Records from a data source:
══════

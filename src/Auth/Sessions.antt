-- ===== src/Auth/Sessions.antt =====
-- internal/api/auth.go: the tokens of web sessions.
pub mod Lifetime
use Prim.Native.Nat.{◌*◌}
use awg_proxy_go.Prelude.{
  ℕ, ◌+◌, Bool, true, false, String, [], Option, none, some, ltb, if◌then◌else◌,
}
use awg_proxy_go.Prelude.Eq.{◌==◌, string_eq}
use awg_proxy_go.Prelude.Dict.{Dict, lookup, insert, delete}

abbrev pub session_ttl : ℕ
session_ttl = 12 * 3600 * 1000000000

-- From a token to the time at which it expires.
abbrev pub WebSessions : Type 0
WebSessions = Dict String ℕ

abbrev pub new_sessions : WebSessions
new_sessions = []

-- The token is the text of 32 bytes of crypto/rand; `none` where that fails.
unfoldable pub create : WebSessions → Option String → ℕ → WebSessions × Option String
unfolding insert
create m none now = (m, none)
create m (some tok) now = (insert tok (now + session_ttl) m, some tok)

check_expiry : WebSessions → String → ℕ → Option ℕ → WebSessions × Bool
unfolding delete
check_expiry m tok now none = (m, false)
check_expiry m tok now (some exp) = if ltb exp now then (delete tok m, false) else (m, true)

unfoldable pub valid : WebSessions → String → ℕ → WebSessions × Bool
unfolding lookup check_expiry
valid m tok now = if tok == "" then (m, false) else check_expiry m tok now (lookup tok m)

unfoldable pub drop : WebSessions → String → WebSessions
unfolding delete
drop m tok = delete tok m
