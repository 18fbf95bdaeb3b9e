-- ===== src/Auth/Sessions/Lifetime.antt =====
-- auth.go: how long a token is valid.
use awg_proxy_go.Prelude.{ℕ, ◌+◌, ◌≤◌, ◌≡◌, ◌≢◌, ◌↔◌, true, false, String, none, some, arith}
use awg_proxy_go.Prelude.Eq.{string_eq}
use awg_proxy_go.Prelude.Dict.{lookup, lookup-insert_self, lookup-delete_self}
use awg_proxy_go.Auth.Sessions.{WebSessions, session_ttl, create, check_expiry, valid, drop}

pub valid_at :
    (m : WebSessions) (tok : String) (now exp : ℕ)
    → tok ≢ ""
    → lookup tok m ≡ some exp
    → ((valid m tok now).1 ≡ true) ↔ (now ≤ exp)
unfolding valid check_expiry
valid_at m tok now exp named e = ground (arith, e, string_eq.equals_iff tok "")

pub invalid_at :
    (m : WebSessions) (tok : String) (now : ℕ) → lookup tok m ≡ none → (valid m tok now).1 ≡ false
unfolding valid check_expiry
invalid_at m tok now e = ground (arith, e)

-- A token that create gave, not an empty one, is valid up to twelve hours later, that time included,
-- and not after; and it is not valid once it was dropped.
pub create-valid :
    (m : WebSessions) (tok : String) (made now : ℕ)
    → tok ≢ ""
    → (((valid (create m (some tok) made).0 tok now).1 ≡ true) ↔ (now ≤ made + session_ttl))
      × ((valid (drop (create m (some tok) made).0 tok) tok now).1 ≡ false)
unfolding create drop
create-valid m tok made now named = (
  valid_at _ tok now (made + session_ttl) named (lookup-insert_self tok (made + session_ttl) m),
  invalid_at _ tok now (lookup-delete_self tok _),
)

══════

● What the exercise asks: From the entries, copy every line in which the word "arith" occurs.

● Completed task:
use awg_proxy_go.Prelude.{ℕ, ◌+◌, ◌≤◌, ◌≡◌, ◌≢◌, ◌↔◌, true, false, String, none, some, arith}
valid_at m tok now exp named e = ground (arith, e, string_eq.equals_iff tok "")
invalid_at m tok now e = ground (arith, e)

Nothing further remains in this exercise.